'''
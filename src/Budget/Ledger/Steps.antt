-- ===== src/Budget/Ledger/Steps.antt =====
-- What a state change or a settlement does to its one item, and that the item never weighs more
-- behind it.
use my_team_tradding.Budget.Ledger.{Key, Ledger, charge, get, put, require, settle, transition}
use my_team_tradding.Budget.Ledger.Limits.{IsLighter}
use my_team_tradding.Budget.Types.{
  BudgetReservation, BudgetReservationState, dispatched, released, reserved, same_state, settled,
  uncertain,
}
use my_team_tradding.Decimal.{Decimal}
use my_team_tradding.Prelude.{
  ap, arith, not, not-eq-false, or-eq-false, refl, some, sym, true, ℕ, ◌||◌, ◌≡◌,
}
use my_team_tradding.Prelude.Int.{ltb_ℤ, ltb_ℤ→ge, pos, ◌≤ℤ◌}
use my_team_tradding.Prelude.Result.{>>=-returned, ok, ok-injective, passed-eq-ok, refused-eq-ok}

same_state→eq : (a b : BudgetReservationState) → same_state a b ≡ true → a ≡ b
same_state→eq a b h = ground arith

-- What an operation that returns has done: it wrote one updated item over the one it found.
abbrev pub Wrote : Key → (BudgetReservation → BudgetReservation → Type 0) → Ledger → Ledger → Type 0
Wrote k Changed l l' =
    (current : BudgetReservation) × (updated : BudgetReservation) × (get k l ≡ some current)
    × Changed current updated
    × (l' ≡ put k updated l)

-- The state and the time move; everything else stays.
pub record Moves (from to : BudgetReservationState) (at : ℕ) (r v : BudgetReservation)
    : Type 0 where
  pub before : r.state ≡ from
  pub after : v ≡ record r { state = to; updated_at = at }

pub record Settles (amount : Decimal) (at : ℕ) (r v : BudgetReservation) : Type 0 where
  pub before : r.state ≡ dispatched
  pub nonneg : pos 0 ≤ℤ amount
  pub within : amount ≤ℤ r.reserved_amount
  pub after : v ≡ record r { state = settled; settled_amount = some amount; updated_at = at }

require-eq-ok :
    (k : Key) (l : Ledger) (r : BudgetReservation) → require k l ≡ ok r → get k l ≡ some r
unfolding require
require-eq-ok k l r h = ground arith

pub transition-Moves :
    (k : Key) (from to : BudgetReservationState) (at : ℕ) (l l' : Ledger) (r : BudgetReservation)
    → transition k from to at l ≡ ok (r, l')
    → Wrote k (Moves from to at) l l'
unfolding transition
transition-Moves k from to at l l' r h =
    let (current, found, rest) = >>=-returned (require k l) _ h in
    let (before, written) = passed-eq-ok (same_state current.state from) _ _ _ rest in
    (
      current,
      record current { state = to; updated_at = at },
      require-eq-ok k l current found,
      record { before = same_state→eq _ _ before; after = refl },
      ap (λ p. p.1) (ok-injective (sym written)),
    )

pub settle-Settles :
    (k : Key) (amount : Decimal) (at : ℕ) (l l' : Ledger) (r : BudgetReservation)
    → settle k amount at l ≡ ok (r, l')
    → Wrote k (Settles amount at) l l'
unfolding settle
settle-Settles k amount at l l' r h =
    let (current, found, rest) = >>=-returned (require k l) _ h in
    let (before, rest') = refused-eq-ok (not (same_state current.state dispatched)) _ _ _ rest in
    let (bounds, written) =
      refused-eq-ok (ltb_ℤ amount (pos 0) || ltb_ℤ current.reserved_amount amount) _ _ _ rest' in
    let (nonneg, within) = or-eq-false _ _ bounds in
    (
      current,
      record current { state = settled; settled_amount = some amount; updated_at = at },
      require-eq-ok k l current found,
      record {
        before = same_state→eq _ _ (not-eq-false _ before);
        nonneg = ltb_ℤ→ge _ _ nonneg;
        within = ltb_ℤ→ge _ _ within;
        after = refl;
      },
      ap (λ p. p.1) (ok-injective (sym written)),
    )

-- The moves of the four operations that change only the state.
pub data Moveable : BudgetReservationState → BudgetReservationState → Type 0 where
  dispatches : Moveable reserved dispatched
  releases : Moveable reserved released
  loses : Moveable dispatched uncertain
  undoes : Moveable dispatched released

pub Moves-IsLighter :
    {from to : BudgetReservationState} {at : ℕ} {r v : BudgetReservation}
    → Moveable from to
    → Moves from to at r v
    → pos 0 ≤ℤ r.reserved_amount
    → IsLighter v r
unfolding charge
Moves-IsLighter dispatches m h = ground arith
Moves-IsLighter releases m h = ground arith
Moves-IsLighter loses m h = ground arith
Moves-IsLighter undoes m h = ground arith

pub Settles-IsLighter :
    {amount : Decimal} {at : ℕ} {r v : BudgetReservation}
    → Settles amount at r v
    → pos 0 ≤ℤ r.reserved_amount
    → IsLighter v r
unfolding charge
Settles-IsLighter s h = ground arith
'''
● Work task: Using the line that contains "undoes : Moveable dispatched released" as the first, reproduce each line exactly through the last line of the listing.

● Solution to the problem:
  undoes : Moveable dispatched released

pub Moves-IsLighter :
    {from to : BudgetReservationState} {at : ℕ} {r v : BudgetReservation}
    → Moveable from to
    → Moves from to at r v
    → pos 0 ≤ℤ r.reserved_amount
    → IsLighter v r
unfolding charge
Moves-IsLighter dispatches m h = ground arith
Moves-IsLighter releases m h = ground arith
Moves-IsLighter loses m h = ground arith
Moves-IsLighter undoes m h = ground arith

pub Settles-IsLighter :
    {amount : Decimal} {at : ℕ} {r v : BudgetReservation}
    → Settles amount at r v
    → pos 0 ≤ℤ r.reserved_amount
    → IsLighter v r
unfolding charge
Settles-IsLighter s h = ground arith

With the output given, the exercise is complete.